About this exercise: The expected output is every entry, repeated exactly.

#### Data records ####

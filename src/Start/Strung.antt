-- ===== src/Start/Strung.antt =====
-- The key and the strings of the configuration, one after another.
use patchwork.Prelude.{
  ℕ, ◌+◌, ◌<◌, ◌≡◌, ◌≢◌, refl, ◌∙◌, Bool, false, some, List, [], ◌∷◌, ◌++◌, ◌==◌, if◌then◌else◌,
  length, get_or, arith,
}
use patchwork.Memory.{Memory, load_pointer}
use patchwork.Text.Strings.{IsString}
use patchwork.Text.Trim.{strip_rest}
use patchwork.Http.{Sha256}
use patchwork.Hooks.Patches.{Symbols}
use patchwork.Hooks.Apply.{Machine}
use patchwork.Start.{Services, ScriptHooks, Locals, PatchworkConfigOptions}
use patchwork.Start.Steps.{setup_join_key, set_string}
use patchwork.Start.Entry.{configure_and_patch, patch_game}
use patchwork.Start.Configured.{strip_rest-length}
use patchwork.Start.Layout.{touches, Changes, Changes-trans, load_pointer-kept, IsString-kept, kept}
use patchwork.Start.Objects.{
  network_key_word, server_url_word, server_digest_word, join_key_hash_bytes, key_text, url_text,
  digest_text, IsOption, IsOption-kept, IsLaidOut, IsConfigured,
}
use patchwork.Start.Prepared.{set_string-IsAssigned}
use patchwork.Start.Keyed.{setup_join_key-IsKeySet}

-- A stripped string is in the room of the whole.
pub stripped-kept :
    (owner : ℕ → ℕ) (fuel object option : ℕ) (cs objects : List ℕ) (before m m' : Memory)
    → Changes owner objects m m'
    → touches objects object ≡ false
    → IsOption owner fuel object option cs before
    → IsString m option (strip_rest cs)
    → IsString m' option (strip_rest cs)
stripped-kept owner fuel object option cs objects before m m' changes off string here =
    let shorter = strip_rest-length cs in
    IsString-kept owner objects m m' option object (strip_rest cs) changes off
      (λ i below. string.owned i (omega arith)) here

abbrev pub key_objects : List ℕ
key_objects = network_key_word ∷ join_key_hash_bytes ∷ key_text ∷ []

abbrev pub url_objects : List ℕ
url_objects = server_url_word ∷ url_text ∷ []

abbrev pub digest_objects : List ℕ
digest_objects = server_digest_word ∷ digest_text ∷ []

module _ {W : Type 0} (owner : ℕ → ℕ) (fuel : ℕ) (v : Services W) (sha : Sha256) (s : Symbols)
    (hooks : ScriptHooks) (locals : Locals) (options : PatchworkConfigOptions)
    (key url digest : List ℕ) where
  -- What the pointers hold and what stands there.
  pub record IsHeld (memory : Memory) : Type 0 where
    pub key_pointer :
        load_pointer memory s.network_key
        ≡ (if options.enable_join_key == 0 then 0 else locals.join_key_hash)
    pub hashed : List ℕ
    pub hashed_key : options.join_key ≢ 0 → hashed ≡ strip_rest key
    pub key_digest :
        options.enable_join_key ≢ 0
        → (i : ℕ) → i < 32
        → memory (locals.join_key_hash + i) ≡ get_or (sha.digest hashed) i 0
    pub url_pointer : load_pointer memory s.server_url ≡ options.server_url
    pub url_string : options.server_url ≢ 0 → IsString memory options.server_url (strip_rest url)
    pub digest_pointer : load_pointer memory s.server_digest ≡ options.digest_key
    pub digest_string :
        options.digest_key ≢ 0 → IsString memory options.digest_key (strip_rest digest)

  configure_and_patch-steps :
      (b : Bool) (machine with_key with_url with_digest : Machine W)
      → setup_join_key v sha s hooks locals fuel options machine ≡ some (b, with_key)
      → set_string v sha s hooks locals fuel s.server_url options.server_url "Server URL: %s"
          with_key
        ≡ some with_url
      → set_string v sha s hooks locals fuel s.server_digest options.digest_key "Digest Key: %s"
          with_url
        ≡ some with_digest
      → configure_and_patch v sha s hooks locals fuel options machine
        ≡ patch_game v sha s hooks locals fuel options b with_digest
  unfolding configure_and_patch
  configure_and_patch-steps b machine with_key with_url with_digest first second third =
      rw (first, second, third, configure_and_patch) refl

  module _ (m : Memory) (w : W) where
    -- The strings are set up, and what is left of `start` goes on from there.
    pub record IsStrung : Type 0 where
      pub randomized : Bool
      pub memory : Memory
      pub world : W
      pub returns :
          configure_and_patch v sha s hooks locals fuel options (m, w)
          ≡ patch_game v sha s hooks locals fuel options randomized (memory, world)
      pub changes : Changes owner (key_objects ++ url_objects ++ digest_objects) m memory
      pub held : IsHeld memory

    pub configure_and_patch-IsStrung :
        (room : ℕ)
        → ((bytes : List ℕ) → length (sha.digest bytes) ≡ 32)
        → IsLaidOut owner fuel v sha s locals options room
        → IsConfigured owner fuel v sha s locals options key url digest m
        → IsStrung
    configure_and_patch-IsStrung room sized laid conf =
        let keyed =
          setup_join_key-IsKeySet owner fuel v sha s hooks locals options key m w sized
            conf.network_key laid.bounds.0 laid.network_key laid.join_key_hash conf.key_option in
        let m1 = keyed.memory in
        let urled =
          set_string-IsAssigned owner fuel v sha s hooks locals server_url_word url_text
            s.server_url options.server_url "Server URL: %s" url m1 keyed.world
            (λ e. absurd (omega arith)) laid.server_url
            (load_pointer-kept owner key_objects m m1 s.server_url server_url_word keyed.changes
                refl laid.server_url
              ∙ conf.server_url)
            (λ set.
              IsOption-kept owner fuel url_text options.server_url url key_objects m m1
                keyed.changes refl (conf.url_option set))
            conf.url_logged in
        let m2 = urled.memory in
        let before_digest =
          Changes-trans owner key_objects url_objects m m1 m2 keyed.changes urled.changes in
        let digested =
          set_string-IsAssigned owner fuel v sha s hooks locals server_digest_word digest_text
            s.server_digest options.digest_key "Digest Key: %s" digest m2 urled.world
            (λ e. absurd (omega arith)) laid.server_digest
            (load_pointer-kept owner (key_objects ++ url_objects) m m2 s.server_digest
                server_digest_word before_digest refl laid.server_digest
              ∙ conf.server_digest)
            (λ set.
              IsOption-kept owner fuel digest_text options.digest_key digest
                (key_objects ++ url_objects) m m2 before_digest refl (conf.digest_option set))
            conf.digest_logged in
        let m3 = digested.memory in
        let after_key =
          Changes-trans owner url_objects digest_objects m1 m2 m3 urled.changes digested.changes in
        record {
          randomized = keyed.randomized;
          memory = m3;
          world = digested.world;
          returns =
              configure_and_patch-steps keyed.randomized (m, w) (m1, keyed.world) (m2, urled.world)
                (m3, digested.world) keyed.returns urled.returns digested.returns;
          changes =
              Changes-trans owner key_objects (url_objects ++ digest_objects) m m1 m3 keyed.changes
                after_key;
          held = record {
            key_pointer =
                load_pointer-kept owner (url_objects ++ digest_objects) m1 m3 s.network_key
                  network_key_word after_key refl laid.network_key
                ∙ keyed.pointer;
            hashed = keyed.hashed;
            hashed_key = keyed.hashed_key;
            key_digest = λ enabled i below.
                kept owner (url_objects ++ digest_objects) m1 m3 locals.join_key_hash 32
                  join_key_hash_bytes after_key refl laid.join_key_hash i below
                ∙ keyed.digest enabled i below;
            url_pointer =
                load_pointer-kept owner digest_objects m2 m3 s.server_url server_url_word
                  digested.changes refl laid.server_url
                ∙ urled.pointer;
            url_string = λ set.
                stripped-kept owner fuel url_text options.server_url url digest_objects m m2 m3
                  digested.changes refl (conf.url_option set) (urled.stripped set);
            digest_pointer = digested.pointer;
            digest_string = digested.stripped;
          };
        }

####

Solution below:
filename src/Start/Strung.antt
-- ===== src/Start/Strung.antt =====
-- The key and the strings of the configuration, one after another.
use patchwork.Prelude.{
  ℕ, ◌+◌, ◌<◌, ◌≡◌, ◌≢◌, refl, ◌∙◌, Bool, false, some, List, [], ◌∷◌, ◌++◌, ◌==◌, if◌then◌else◌,
  length, get_or, arith,
}
use patchwork.Memory.{Memory, load_pointer}
use patchwork.Text.Strings.{IsString}
use patchwork.Text.Trim.{strip_rest}
use patchwork.Http.{Sha256}
use patchwork.Hooks.Patches.{Symbols}
use patchwork.Hooks.Apply.{Machine}
use patchwork.Start.{Services, ScriptHooks, Locals, PatchworkConfigOptions}
use patchwork.Start.Steps.{setup_join_key, set_string}
use patchwork.Start.Entry.{configure_and_patch, patch_game}
use patchwork.Start.Configured.{strip_rest-length}
use patchwork.Start.Layout.{touches, Changes, Changes-trans, load_pointer-kept, IsString-kept, kept}
use patchwork.Start.Objects.{
  network_key_word, server_url_word, server_digest_word, join_key_hash_bytes, key_text, url_text,
  digest_text, IsOption, IsOption-kept, IsLaidOut, IsConfigured,
}
use patchwork.Start.Prepared.{set_string-IsAssigned}
use patchwork.Start.Keyed.{setup_join_key-IsKeySet}

-- A stripped string is in the room of the whole.
pub stripped-kept :
    (owner : ℕ → ℕ) (fuel object option : ℕ) (cs objects : List ℕ) (before m m' : Memory)
    → Changes owner objects m m'
    → touches objects object ≡ false
    → IsOption owner fuel object option cs before
    → IsString m option (strip_rest cs)
    → IsString m' option (strip_rest cs)
stripped-kept owner fuel object option cs objects before m m' changes off string here =
    let shorter = strip_rest-length cs in
    IsString-kept owner objects m m' option object (strip_rest cs) changes off
      (λ i below. string.owned i (omega arith)) here

abbrev pub key_objects : List ℕ
key_objects = network_key_word ∷ join_key_hash_bytes ∷ key_text ∷ []

abbrev pub url_objects : List ℕ
url_objects = server_url_word ∷ url_text ∷ []

abbrev pub digest_objects : List ℕ
digest_objects = server_digest_word ∷ digest_text ∷ []

module _ {W : Type 0} (owner : ℕ → ℕ) (fuel : ℕ) (v : Services W) (sha : Sha256) (s : Symbols)
    (hooks : ScriptHooks) (locals : Locals) (options : PatchworkConfigOptions)
    (key url digest : List ℕ) where
  -- What the pointers hold and what stands there.
  pub record IsHeld (memory : Memory) : Type 0 where
    pub key_pointer :
        load_pointer memory s.network_key
        ≡ (if options.enable_join_key == 0 then 0 else locals.join_key_hash)
    pub hashed : List ℕ
    pub hashed_key : options.join_key ≢ 0 → hashed ≡ strip_rest key
    pub key_digest :
        options.enable_join_key ≢ 0
        → (i : ℕ) → i < 32
        → memory (locals.join_key_hash + i) ≡ get_or (sha.digest hashed) i 0
    pub url_pointer : load_pointer memory s.server_url ≡ options.server_url
    pub url_string : options.server_url ≢ 0 → IsString memory options.server_url (strip_rest url)
    pub digest_pointer : load_pointer memory s.server_digest ≡ options.digest_key
    pub digest_string :
        options.digest_key ≢ 0 → IsString memory options.digest_key (strip_rest digest)

  configure_and_patch-steps :
      (b : Bool) (machine with_key with_url with_digest : Machine W)
      → setup_join_key v sha s hooks locals fuel options machine ≡ some (b, with_key)
      → set_string v sha s hooks locals fuel s.server_url options.server_url "Server URL: %s"
          with_key
        ≡ some with_url
      → set_string v sha s hooks locals fuel s.server_digest options.digest_key "Digest Key: %s"
          with_url
        ≡ some with_digest
      → configure_and_patch v sha s hooks locals fuel options machine
        ≡ patch_game v sha s hooks locals fuel options b with_digest
  unfolding configure_and_patch
  configure_and_patch-steps b machine with_key with_url with_digest first second third =
      rw (first, second, third, configure_and_patch) refl

  module _ (m : Memory) (w : W) where
    -- The strings are set up, and what is left of `start` goes on from there.
    pub record IsStrung : Type 0 where
      pub randomized : Bool
      pub memory : Memory
      pub world : W
      pub returns :
          configure_and_patch v sha s hooks locals fuel options (m, w)
          ≡ patch_game v sha s hooks locals fuel options randomized (memory, world)
      pub changes : Changes owner (key_objects ++ url_objects ++ digest_objects) m memory
      pub held : IsHeld memory

    pub configure_and_patch-IsStrung :
        (room : ℕ)
        → ((bytes : List ℕ) → length (sha.digest bytes) ≡ 32)
        → IsLaidOut owner fuel v sha s locals options room
        → IsConfigured owner fuel v sha s locals options key url digest m
        → IsStrung
    configure_and_patch-IsStrung room sized laid conf =
        let keyed =
          setup_join_key-IsKeySet owner fuel v sha s hooks locals options key m w sized
            conf.network_key laid.bounds.0 laid.network_key laid.join_key_hash conf.key_option in
        let m1 = keyed.memory in
        let urled =
          set_string-IsAssigned owner fuel v sha s hooks locals server_url_word url_text
            s.server_url options.server_url "Server URL: %s" url m1 keyed.world
            (λ e. absurd (omega arith)) laid.server_url
            (load_pointer-kept owner key_objects m m1 s.server_url server_url_word keyed.changes
                refl laid.server_url
              ∙ conf.server_url)
            (λ set.
              IsOption-kept owner fuel url_text options.server_url url key_objects m m1
                keyed.changes refl (conf.url_option set))
            conf.url_logged in
        let m2 = urled.memory in
        let before_digest =
          Changes-trans owner key_objects url_objects m m1 m2 keyed.changes urled.changes in
        let digested =
          set_string-IsAssigned owner fuel v sha s hooks locals server_digest_word digest_text
            s.server_digest options.digest_key "Digest Key: %s" digest m2 urled.world
            (λ e. absurd (omega arith)) laid.server_digest
            (load_pointer-kept owner (key_objects ++ url_objects) m m2 s.server_digest
                server_digest_word before_digest refl laid.server_digest
              ∙ conf.server_digest)
            (λ set.
              IsOption-kept owner fuel digest_text options.digest_key digest
                (key_objects ++ url_objects) m m2 before_digest refl (conf.digest_option set))
            conf.digest_logged in
        let m3 = digested.memory in
        let after_key =
          Changes-trans owner url_objects digest_objects m1 m2 m3 urled.changes digested.changes in
        record {
          randomized = keyed.randomized;
          memory = m3;
          world = digested.world;
          returns =
              configure_and_patch-steps keyed.randomized (m, w) (m1, keyed.world) (m2, urled.world)
                (m3, digested.world) keyed.returns urled.returns digested.returns;
          changes =
              Changes-trans owner key_objects (url_objects ++ digest_objects) m m1 m3 keyed.changes
                after_key;
          held = record {
            key_pointer =
                load_pointer-kept owner (url_objects ++ digest_objects) m1 m3 s.network_key
                  network_key_word after_key refl laid.network_key
                ∙ keyed.pointer;
            hashed = keyed.hashed;
            hashed_key = keyed.hashed_key;
            key_digest = λ enabled i below.
                kept owner (url_objects ++ digest_objects) m1 m3 locals.join_key_hash 32
                  join_key_hash_bytes after_key refl laid.join_key_hash i below
                ∙ keyed.digest enabled i below;
            url_pointer =
                load_pointer-kept owner digest_objects m2 m3 s.server_url server_url_word
                  digested.changes refl laid.server_url
                ∙ urled.pointer;
            url_string = λ set.
                stripped-kept owner fuel url_text options.server_url url digest_objects m m2 m3
                  digested.changes refl (conf.url_option set) (urled.stripped set);
            digest_pointer = digested.pointer;
            digest_string = digested.stripped;
          };
        }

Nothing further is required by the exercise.